La ciudad nace fundamentalmente, como mecanismo de defensa y mejora del modelo de vida. Esta idea permanece en el ideario colectivo de sus habitantes hasta nuestros días. Independientemente de los momentos críticos habidos a lo largo de la historia, momentos que a la vez fueron útiles y causa de su transformación y crecimiento, ocurridos en su mayoría como resultado de cambios en los sistemas productivos, sociales y económicos, demográficos o derivados de conflictos, permanece la idea de que la ciudad ofrece más posibilidades de desarrollo y de estabilidad que otras formas de asentamiento. Las personas siguen desplazándose a la misma buscando que esta actúe como instrumento del equilibrio social que no pueden encontrar en otros lugares. Su continua evolución histórica, analizada desde la perspectiva propia de las series largas en el tiempo, demuestran que además de ser el sistema más complejo entre todos los creados por el hombre, se organiza según una tendencia que persigue como objetivo vivir mejor. Pero ello no es obstáculo para que, de manera coyuntural, apreciada su evolución desde la perspectiva propia de series más cortas, puedan producirse retrocesos en esta tendencia. Quizás ahora estamos viviendo uno de esos momentos con consecuencias para algunos de sus habitantes que son, precisamente, los menos favorecidos por el modelo económico que nos hemos dado. La ciudad es un sistema donde se concentran las mayores dosis de optimismo colectivo, de pensamiento, de riesgo, de desarrollo material y de ganas de futuro, el problema fundamental para nosotros los arquitectos estriba en cómo actuar en la misma de manera que sea el máximo número de habitantes quien se beneficia de ella. Algo que nos será difícil hacer sin las necesarias alianzas políticas que nos apoyen y sin reconocer que, a la postre, todas las decisiones que desde la arquitectura se tomen en la ciudad tienen, en mayor o menor medida, implicaciones políticas y sociales. No importa la escala de las mismas. (Como bien podrá entender el lector, estamos haciendo referencia básicamente a la ciudad europea que es de la que nos atrevemos a opinar).
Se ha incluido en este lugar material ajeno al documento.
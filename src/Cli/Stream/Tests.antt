-- ===== src/Cli/Stream/Tests.antt =====
-- Two replies that reach the client in reads of one byte.
use libedio.Base.{ℕ, List, [], ◌∷◌}
use libedio.Cli.State.{Console}

-- the replies to DOutW and DConfigW, with frame numbers 0 and 1
abbrev first_reply : List ℕ
first_reply = 0xDB ∷ 0x83 ∷ 0 ∷ 0 ∷ 0 ∷ 0 ∷ 0xA1 ∷ []

abbrev second_reply : List ℕ
second_reply = 0xDB ∷ 0x85 ∷ 1 ∷ 0 ∷ 0 ∷ 0 ∷ 0x9E ∷ []

-- a client that waits for three replies
abbrev waiting : Console
waiting = record {
  frame = 3;
  num_requests = 3;
  num_responds = 0;
  starttime = 0;
  timeout = 0;
  sz_data = 0;
  buffer = record { cap = 1031; byte = λ _. 0 };
}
La ciudad que reconstruyó Europa y creció tras la Segunda Guerra Mundial era el resultado físico de una organización social y política que entendía el estado como mecanismo compensador de los desequilibrios del mercado. En este contexto, la ciudad se entendía no solo como oportunidad de beneficio económico, sino como espacio y sistema social donde desplegar la acción pública. Era un lugar que aspiraba a ser de todos, y a tal fin se desarrollaban proyectos urbanos de naturaleza pública, reconocibles en términos de espacio y forma urbana, que actuando como crisol de negociación entre los distintos intereses y construyendo servicios , infraestructuras, espacios públicos y colectivos, vivienda social de calidad, entre otros instrumentos, convertían la ciudad en ese mecanismo de reequilibrio donde los ciudadanos, especialmente los más desfavorecidos, no se sentían del todo excluidos. El agente promotor era un cuerpo político que, como representante de todos, ejercía su autoridad con ambición y coherencia de principios buscando un modelo de ciudad que supiera expresar el optimismo implícito en la búsqueda de un mundo mejor. Y para ello, la alianza con los mejores arquitectos, llamados a redactar planes formalizados y reconocibles, se entendió como fundamental. Nunca se han planteado transformaciones urbanas en Europa de tanta calidad como las que se llevaron a cabo en el período que discurre entre los años inmediatamente posteriores a la posguerra mundial y el final de la década de los setenta y primeros de los años ochenta del pasado siglo, -en el caso de España este periodo se alargaría hasta el final de los años noventa-, siendo las mismas, en buena parte al menos, fruto de esa alianza entre arquitectos y políticos. ¿Ingenuidad para algunos? ¿Imposición para otros? Sería vano no reconocer que algunos de esos planes, incluso algunos que en su momento fueron paradigmáticos, no resultaron tan exitosos a tenor de los resultados posteriores; pero hablamos en todo caso de una manera de hacer que, pese a sus errores – el éxito no se produce sin el riesgo-, tenía en origen la voluntad de lograr una mejor ciudad.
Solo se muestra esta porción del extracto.